• [Exercise requirements]
Write out, please, the lines from the beginning of the material to the line with "f) rs ≡ false", including both ends and nothing else.
---
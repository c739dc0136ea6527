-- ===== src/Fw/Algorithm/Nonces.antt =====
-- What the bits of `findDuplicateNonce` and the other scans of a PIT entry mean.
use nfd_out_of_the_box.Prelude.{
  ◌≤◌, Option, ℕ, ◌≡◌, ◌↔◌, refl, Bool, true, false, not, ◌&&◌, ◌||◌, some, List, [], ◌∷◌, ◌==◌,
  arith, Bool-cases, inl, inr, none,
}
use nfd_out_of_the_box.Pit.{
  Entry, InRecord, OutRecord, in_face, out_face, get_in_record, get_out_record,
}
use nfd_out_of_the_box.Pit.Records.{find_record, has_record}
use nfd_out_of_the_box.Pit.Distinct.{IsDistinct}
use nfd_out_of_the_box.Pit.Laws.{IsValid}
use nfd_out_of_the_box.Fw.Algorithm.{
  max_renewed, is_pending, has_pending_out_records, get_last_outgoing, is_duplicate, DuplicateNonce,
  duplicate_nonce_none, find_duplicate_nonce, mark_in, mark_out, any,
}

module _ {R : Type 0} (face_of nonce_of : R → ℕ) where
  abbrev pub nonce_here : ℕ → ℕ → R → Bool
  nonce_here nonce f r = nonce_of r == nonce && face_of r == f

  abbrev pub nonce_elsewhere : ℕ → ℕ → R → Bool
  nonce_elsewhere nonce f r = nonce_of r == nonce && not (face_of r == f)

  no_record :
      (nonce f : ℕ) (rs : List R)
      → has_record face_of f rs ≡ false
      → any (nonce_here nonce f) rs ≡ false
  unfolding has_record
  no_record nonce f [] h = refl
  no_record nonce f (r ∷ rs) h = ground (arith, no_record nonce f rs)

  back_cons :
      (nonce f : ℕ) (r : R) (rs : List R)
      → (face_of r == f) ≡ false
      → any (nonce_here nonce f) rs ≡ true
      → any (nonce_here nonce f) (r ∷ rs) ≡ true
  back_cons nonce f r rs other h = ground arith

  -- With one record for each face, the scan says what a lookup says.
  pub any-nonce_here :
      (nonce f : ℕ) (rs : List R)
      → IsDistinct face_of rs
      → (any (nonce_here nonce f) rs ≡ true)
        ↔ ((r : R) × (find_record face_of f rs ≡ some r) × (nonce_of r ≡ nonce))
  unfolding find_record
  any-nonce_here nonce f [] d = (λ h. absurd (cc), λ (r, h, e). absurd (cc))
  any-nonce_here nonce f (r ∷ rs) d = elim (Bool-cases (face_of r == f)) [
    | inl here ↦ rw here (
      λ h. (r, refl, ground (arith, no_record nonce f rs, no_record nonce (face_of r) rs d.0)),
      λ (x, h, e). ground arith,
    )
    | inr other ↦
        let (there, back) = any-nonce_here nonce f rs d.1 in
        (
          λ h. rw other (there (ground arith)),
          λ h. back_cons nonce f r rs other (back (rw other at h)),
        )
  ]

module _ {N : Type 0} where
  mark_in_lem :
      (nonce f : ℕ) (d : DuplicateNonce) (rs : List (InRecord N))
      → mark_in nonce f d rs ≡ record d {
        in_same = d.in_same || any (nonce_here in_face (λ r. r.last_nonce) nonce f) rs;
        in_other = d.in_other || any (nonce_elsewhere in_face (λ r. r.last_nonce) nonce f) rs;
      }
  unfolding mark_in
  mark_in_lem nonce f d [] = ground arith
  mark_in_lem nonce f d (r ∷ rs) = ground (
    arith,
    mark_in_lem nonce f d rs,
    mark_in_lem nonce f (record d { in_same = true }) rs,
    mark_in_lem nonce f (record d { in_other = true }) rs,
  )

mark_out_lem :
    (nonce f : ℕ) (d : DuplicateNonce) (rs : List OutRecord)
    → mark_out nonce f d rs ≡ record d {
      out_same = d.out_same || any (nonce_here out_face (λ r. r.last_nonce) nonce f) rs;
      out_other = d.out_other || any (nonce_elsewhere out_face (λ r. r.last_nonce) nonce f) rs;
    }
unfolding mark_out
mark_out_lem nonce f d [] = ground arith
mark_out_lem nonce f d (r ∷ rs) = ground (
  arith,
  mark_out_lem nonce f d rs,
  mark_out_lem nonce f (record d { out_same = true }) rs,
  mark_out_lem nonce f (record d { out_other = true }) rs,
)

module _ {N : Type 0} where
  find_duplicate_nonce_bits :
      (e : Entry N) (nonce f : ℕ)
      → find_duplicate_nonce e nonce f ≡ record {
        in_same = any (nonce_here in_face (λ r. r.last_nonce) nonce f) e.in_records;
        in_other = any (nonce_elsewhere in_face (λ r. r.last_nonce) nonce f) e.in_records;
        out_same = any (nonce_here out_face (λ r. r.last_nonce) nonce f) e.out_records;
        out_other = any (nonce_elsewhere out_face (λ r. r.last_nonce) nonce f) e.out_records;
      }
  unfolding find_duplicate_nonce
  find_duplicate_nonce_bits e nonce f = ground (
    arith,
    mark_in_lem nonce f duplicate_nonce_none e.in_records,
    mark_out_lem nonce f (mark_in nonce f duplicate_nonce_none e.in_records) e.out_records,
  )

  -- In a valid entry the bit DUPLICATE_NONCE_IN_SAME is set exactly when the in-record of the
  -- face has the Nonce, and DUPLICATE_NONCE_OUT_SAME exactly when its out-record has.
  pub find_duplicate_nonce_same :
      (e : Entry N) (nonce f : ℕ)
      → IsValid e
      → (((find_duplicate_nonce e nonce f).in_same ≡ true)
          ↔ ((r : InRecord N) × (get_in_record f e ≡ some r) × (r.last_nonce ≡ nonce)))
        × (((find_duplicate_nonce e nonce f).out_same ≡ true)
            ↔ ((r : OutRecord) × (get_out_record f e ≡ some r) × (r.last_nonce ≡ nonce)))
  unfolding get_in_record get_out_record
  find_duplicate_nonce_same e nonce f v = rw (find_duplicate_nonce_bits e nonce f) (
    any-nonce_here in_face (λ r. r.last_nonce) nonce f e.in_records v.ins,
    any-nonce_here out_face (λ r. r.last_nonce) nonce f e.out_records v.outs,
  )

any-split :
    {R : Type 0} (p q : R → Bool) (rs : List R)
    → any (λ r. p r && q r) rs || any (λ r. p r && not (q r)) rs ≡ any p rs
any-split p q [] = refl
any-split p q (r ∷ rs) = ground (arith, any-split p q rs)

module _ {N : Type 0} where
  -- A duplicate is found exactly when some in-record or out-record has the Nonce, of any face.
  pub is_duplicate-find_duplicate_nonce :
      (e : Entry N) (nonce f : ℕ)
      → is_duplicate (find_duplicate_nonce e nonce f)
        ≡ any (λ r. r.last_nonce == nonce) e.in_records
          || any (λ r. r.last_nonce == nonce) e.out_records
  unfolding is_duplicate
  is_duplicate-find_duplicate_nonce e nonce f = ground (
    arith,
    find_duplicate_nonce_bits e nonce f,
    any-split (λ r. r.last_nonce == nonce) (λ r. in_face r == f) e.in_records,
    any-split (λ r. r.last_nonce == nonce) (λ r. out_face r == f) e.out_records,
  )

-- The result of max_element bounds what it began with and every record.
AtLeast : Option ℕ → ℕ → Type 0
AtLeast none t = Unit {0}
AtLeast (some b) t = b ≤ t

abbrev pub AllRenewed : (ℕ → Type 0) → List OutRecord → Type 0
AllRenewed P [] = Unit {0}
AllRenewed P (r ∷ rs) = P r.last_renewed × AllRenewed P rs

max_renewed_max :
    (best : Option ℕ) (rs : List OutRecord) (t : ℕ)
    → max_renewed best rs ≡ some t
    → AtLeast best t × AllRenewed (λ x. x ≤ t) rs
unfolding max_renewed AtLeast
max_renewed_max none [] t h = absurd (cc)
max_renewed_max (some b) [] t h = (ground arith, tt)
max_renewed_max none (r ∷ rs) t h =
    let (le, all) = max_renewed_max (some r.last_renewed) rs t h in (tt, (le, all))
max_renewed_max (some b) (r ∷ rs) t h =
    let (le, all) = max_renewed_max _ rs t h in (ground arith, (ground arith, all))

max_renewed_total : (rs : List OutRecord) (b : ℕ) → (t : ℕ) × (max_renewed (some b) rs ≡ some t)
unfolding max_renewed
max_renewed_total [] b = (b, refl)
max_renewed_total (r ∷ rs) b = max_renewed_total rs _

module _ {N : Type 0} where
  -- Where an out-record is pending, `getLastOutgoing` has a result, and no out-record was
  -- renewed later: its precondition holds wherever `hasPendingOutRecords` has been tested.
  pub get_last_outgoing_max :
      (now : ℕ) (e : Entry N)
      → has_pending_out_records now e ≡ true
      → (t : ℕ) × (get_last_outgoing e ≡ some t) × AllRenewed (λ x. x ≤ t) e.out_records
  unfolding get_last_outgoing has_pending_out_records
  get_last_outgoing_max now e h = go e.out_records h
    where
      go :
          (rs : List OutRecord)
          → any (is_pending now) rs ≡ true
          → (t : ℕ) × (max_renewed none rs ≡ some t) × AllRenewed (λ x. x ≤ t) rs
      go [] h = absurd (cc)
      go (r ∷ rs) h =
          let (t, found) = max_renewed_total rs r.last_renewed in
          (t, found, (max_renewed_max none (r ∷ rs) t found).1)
---
• [Output below]
repository c739dc0136ea6527
-- ===== src/Fw/Algorithm/Nonces.antt =====
-- What the bits of `findDuplicateNonce` and the other scans of a PIT entry mean.
use nfd_out_of_the_box.Prelude.{
  ◌≤◌, Option, ℕ, ◌≡◌, ◌↔◌, refl, Bool, true, false, not, ◌&&◌, ◌||◌, some, List, [], ◌∷◌, ◌==◌,
  arith, Bool-cases, inl, inr, none,
}
use nfd_out_of_the_box.Pit.{
  Entry, InRecord, OutRecord, in_face, out_face, get_in_record, get_out_record,
}
use nfd_out_of_the_box.Pit.Records.{find_record, has_record}
use nfd_out_of_the_box.Pit.Distinct.{IsDistinct}
use nfd_out_of_the_box.Pit.Laws.{IsValid}
use nfd_out_of_the_box.Fw.Algorithm.{
  max_renewed, is_pending, has_pending_out_records, get_last_outgoing, is_duplicate, DuplicateNonce,
  duplicate_nonce_none, find_duplicate_nonce, mark_in, mark_out, any,
}

module _ {R : Type 0} (face_of nonce_of : R → ℕ) where
  abbrev pub nonce_here : ℕ → ℕ → R → Bool
  nonce_here nonce f r = nonce_of r == nonce && face_of r == f

  abbrev pub nonce_elsewhere : ℕ → ℕ → R → Bool
  nonce_elsewhere nonce f r = nonce_of r == nonce && not (face_of r == f)

  no_record :
      (nonce f : ℕ) (rs : List R)
      → has_record face_of f rs ≡ false
      → any (nonce_here nonce f) rs ≡ false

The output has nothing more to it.